A fixed threshold can't answer that. A language model can.

Architecture

Docker logs → Cortex → Ollama (local LLM) → parsed report → ntfy
                                                    ↓
                                           Prometheus metrics

Every 30 minutes, cortex-monitor.py runs via cron:

Collects recent log lines from each monitored container
Filters known noise patterns (ffprobe, VideoFileInfoReader, HTTP 429, etc.)
Sends the filtered logs to a local Ollama endpoint
Parses the LLM response into structured alerts
Routes alerts by priority — INFO goes to the daily digest, WARNING/CRITICAL go to ntfy immediately

The Ollama Modelfile

The key is giving the LLM enough context to understand what it's reading. The Modelfile bakes in knowledge of the stack:

SYSTEM """
You are an infrastructure monitoring assistant for a self-hosted homelab.
You analyse log output from Docker containers running *arr media services.
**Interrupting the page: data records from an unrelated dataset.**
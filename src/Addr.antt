-- ===== src/Addr.antt =====
-- `std::net::IpAddr`: the addresses, their canonical form and their classes.
pub mod Basic
pub mod Print
pub mod Parse
pub mod Digits
pub mod Groups
pub mod Runs
pub mod RoundTrip
pub mod Mapped
pub mod Range
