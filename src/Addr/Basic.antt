-- ===== src/Addr/Basic.antt =====
-- `std::net::IpAddr`: the addresses, their canonical form and the tests that the program makes.
use proxpulse_judge.Base.{
  ℕ, arith, ◌/◌, ◌%◌, ◌^◌, ◌<◌, Bool, false, ◌&&◌, ◌≡◌, refl, ◌==◌, if◌then◌else◌,
}

-- Four octets, or eight 16-bit segments.
pub data IpAddr : Type 0 where
  v4 : ℕ → ℕ → ℕ → ℕ → IpAddr
  v6 : ℕ → ℕ → ℕ → ℕ → ℕ → ℕ → ℕ → ℕ → IpAddr

abbrev pub IsAddr : IpAddr → Type 0
IsAddr (v4 a b c d) = (a < 256) × (b < 256) × (c < 256) × (d < 256)
IsAddr (v6 a b c d e f g h) =
    (a < 2 ^ 16)
    × (b < 2 ^ 16)
    × (c < 2 ^ 16)
    × (d < 2 ^ 16)
    × (e < 2 ^ 16)
    × (f < 2 ^ 16)
    × (g < 2 ^ 16)
    × (h < 2 ^ 16)

-- `::ffff:a.b.c.d`
unfoldable pub is_mapped : IpAddr → Bool
is_mapped (v4 a b c d) = false
is_mapped (v6 a b c d e f g h) = a == 0 && b == 0 && c == 0 && d == 0 && e == 0 && f == 0xffff

-- the IPv4 address in the last two segments
unfoldable pub embedded : ℕ → ℕ → IpAddr
embedded g h = v4 (g / 256) (g % 256) (h / 256) (h % 256)

unfoldable pub to_canonical : IpAddr → IpAddr
unfolding is_mapped embedded
to_canonical (v4 a b c d) = v4 a b c d
to_canonical (v6 a b c d e f g h) =
    if is_mapped (v6 a b c d e f g h) then embedded g h else v6 a b c d e f g h

pub to_canonical_idem : (a : IpAddr) → to_canonical (to_canonical a) ≡ to_canonical a
unfolding to_canonical
to_canonical_idem (v4 a b c d) = refl
to_canonical_idem (v6 a b c d e f g h) = ground arith

pub to_canonical-IsAddr : (a : IpAddr) → IsAddr a → IsAddr (to_canonical a)
unfolding to_canonical
to_canonical-IsAddr (v4 a b c d) w = w
to_canonical-IsAddr (v6 a b c d e f g h) w = ground arith

pub is_mapped-to_canonical : (a : IpAddr) → is_mapped (to_canonical a) ≡ false
unfolding to_canonical
is_mapped-to_canonical (v4 a b c d) = refl
is_mapped-to_canonical (v6 a b c d e f g h) = ground arith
NOISE — these are NOT alerts:
- ffprobe metadata reads
- VideoFileInfoReader routine scans  
- HTTP 429 rate limiting from indexers (expected, indexers throttle)
- Prowlarr health check on port 9696

SIGNAL — these ARE worth reporting:
- Import failures after successful downloads
- Indexer connectivity issues lasting > 30 minutes
- Download client queue stalls
- Authentication errors
- Database errors

Output format:
ALERT_LEVEL: INFO|WARNING|CRITICAL
SUMMARY: one sentence
DETAIL: what happened and why it matters
RECOMMENDATION: what to check or do
"""

Temperature 0.2 keeps the output deterministic and consistent — you don't want creative variation in monitoring alerts.
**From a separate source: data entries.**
-- ===== src/Addr/Print.antt =====
-- `Display` of `std::net::IpAddr`: dotted decimals, and hexadecimal segments with the longest run
-- of two or more zero segments, the first of these, written `::`.
use proxpulse_judge.Base.{
  ℕ, ◌+◌, ◌/◌, ◌%◌, ◌&&◌, List, [], ◌∷◌, ◌++◌, map, ltb, ◌==◌, if◌then◌else◌, ◌≡◌, refl, Text,
  codes, take, drop,
}
use proxpulse_judge.Str.Basic.{print_digits, join}
use proxpulse_judge.Addr.Basic.{IpAddr, v4, v6, is_mapped}

unfoldable pub print_octet : ℕ → Text
unfolding print_digits
print_octet n = print_digits 10 2 n []

unfoldable pub print_group : ℕ → Text
unfolding print_digits
print_group n = print_digits 16 3 n []

unfoldable pub print_v4 : ℕ → ℕ → ℕ → ℕ → Text
print_v4 a b c d =
    print_octet a ++ (b'.' ∷ (print_octet b ++ (b'.' ∷ (print_octet c ++ (b'.' ∷ print_octet d)))))

-- The longest run of zero segments as its start and length, the first of equal ones: the run that
-- is being read starts at `start` and has length `len`, and `i` is the place of the next segment.
unfoldable pub longest_run : List ℕ → ℕ → ℕ → ℕ → ℕ → ℕ → ℕ × ℕ
longest_run [] i start len best best_len = (best, best_len)
longest_run (s ∷ segs) i start len best best_len =
    let now = (if len == 0 then i else start) in
    let longer = s == 0 && ltb best_len (len + 1) in
    longest_run segs (i + 1) now (if s == 0 then len + 1 else 0) (if longer then now else best)
      (if longer then len + 1 else best_len)

unfoldable pub print_groups : List ℕ → Text
unfolding print_group join
print_groups gs = join (b':' ∷ []) (map print_group gs)

unfoldable pub print_segments : List ℕ → Text
print_segments segs =
    let run = longest_run segs 0 0 0 0 0 in
    if ltb 1 run.1
    then print_groups (take run.0 segs) ++ (b':' ∷ b':' ∷ print_groups (drop (run.0 + run.1) segs))
    else print_groups segs

unfoldable pub print_addr : IpAddr → Text
unfolding print_v4 print_octet print_segments longest_run print_groups is_mapped
print_addr (v4 a b c d) = print_v4 a b c d
print_addr (v6 a b c d e f g h) =
    if is_mapped (v6 a b c d e f g h)
    then codes "::ffff:" ++ print_v4 (g / 256) (g % 256) (h / 256) (h % 256)
    else print_segments (a ∷ b ∷ c ∷ d ∷ e ∷ f ∷ g ∷ h ∷ [])

print_loopback : print_addr (v6 0 0 0 0 0 0 0 1) ≡ codes "::1"
unfolding print_addr
print_loopback = refl

print_doc : print_addr (v6 0x2001 0xdb8 0 1 0 0 0 0x10) ≡ codes "2001:db8:0:1::10"
unfolding print_addr
print_doc = refl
Noise filtering before the LLM

The LLM call costs time (2-4 seconds on a local GPU). Filtering before sending keeps the context window clean and the latency low:

NOISE_PATTERNS = [
    "ffprobe",
    "VideoFileInfoReader", 
    "429",
    "invalid torrent",
    "9696/",
]

def filter_noise(log_lines: list) -> list:
    return [
        line for line in log_lines
        if not any(pattern in line for pattern in NOISE_PATTERNS)
    ]

On a normal day, this drops 60-70% of log volume before it ever reaches Ollama.

Alert routing with cooldown

Not every WARNING needs an immediate ntfy push. Cortex uses a cooldown per alert type to avoid notification fatigue:

def route_alert(alert: dict, state: dict) -> bool:
    key = f"{alert['container']}:{alert['alert_level']}"
    last_sent = state.get(key, 0)
    cooldown = COOLDOWNS.get(alert['alert_level'], 3600)

    if time.time() - last_sent < cooldown:
        return False  # still in cooldown

    state[key] = time.time()
    return True

INFO alerts accumulate and go into the daily digest at 09:00. WARNING and CRITICAL bypass the cooldown and go out immediately.

The daily digest

Every morning at 09:00, cortex-digest.py sends a summary via ntfy:

📊 Cortex Daily Digest — 2026-04-17

Containers: 5/5 healthy
Alerts last 24h: 2 (1 WARNING, 1 INFO)
Noise filtered: 847 log entries

Top event: prowlarr indexer timeout on NZBgeek (non-critical)
Recommendation: check NZBgeek API key expiry

Imports: 4 episodes, 3 movies — all clean

One message per day with everything that actually happened. No alert fatigue.

Prometheus metrics

cortex-exporter.py exposes metrics on port 9192 for Grafana:

cortex_alerts_total
cortex_last_run_timestamp
cortex_containers_monitored
cortex_noise_filtered_total
cortex_digest_last_sent

The "last run age" gauge is particularly useful — if Cortex stops running, the gauge climbs and you get a Grafana alert.

Hardware requirements

CPU-only: 16GB RAM minimum — runs qwen2.5:7b adequately
GPU: 8GB VRAM — runs qwen2.5:14b comfortably (recommended)

I run it on a machine with a modest GPU. The 30-minute cron cadence means inference load is negligible — one batch call every half hour, not a continuous service.

Getting started

git clone https://github.com/pdegidio/cortex-homelab.git
cd cortex-homelab
bash install.sh

The installer walks you through Ollama endpoint, ntfy config, container names, and cron setup. Done in ~15 minutes.

Full repo: github.com/pdegidio/cortex-homelab — MIT license.

What's your biggest source of homelab alert noise? I'm curious whether the noise filter patterns generalise beyond my stack or if everyone's list is completely different.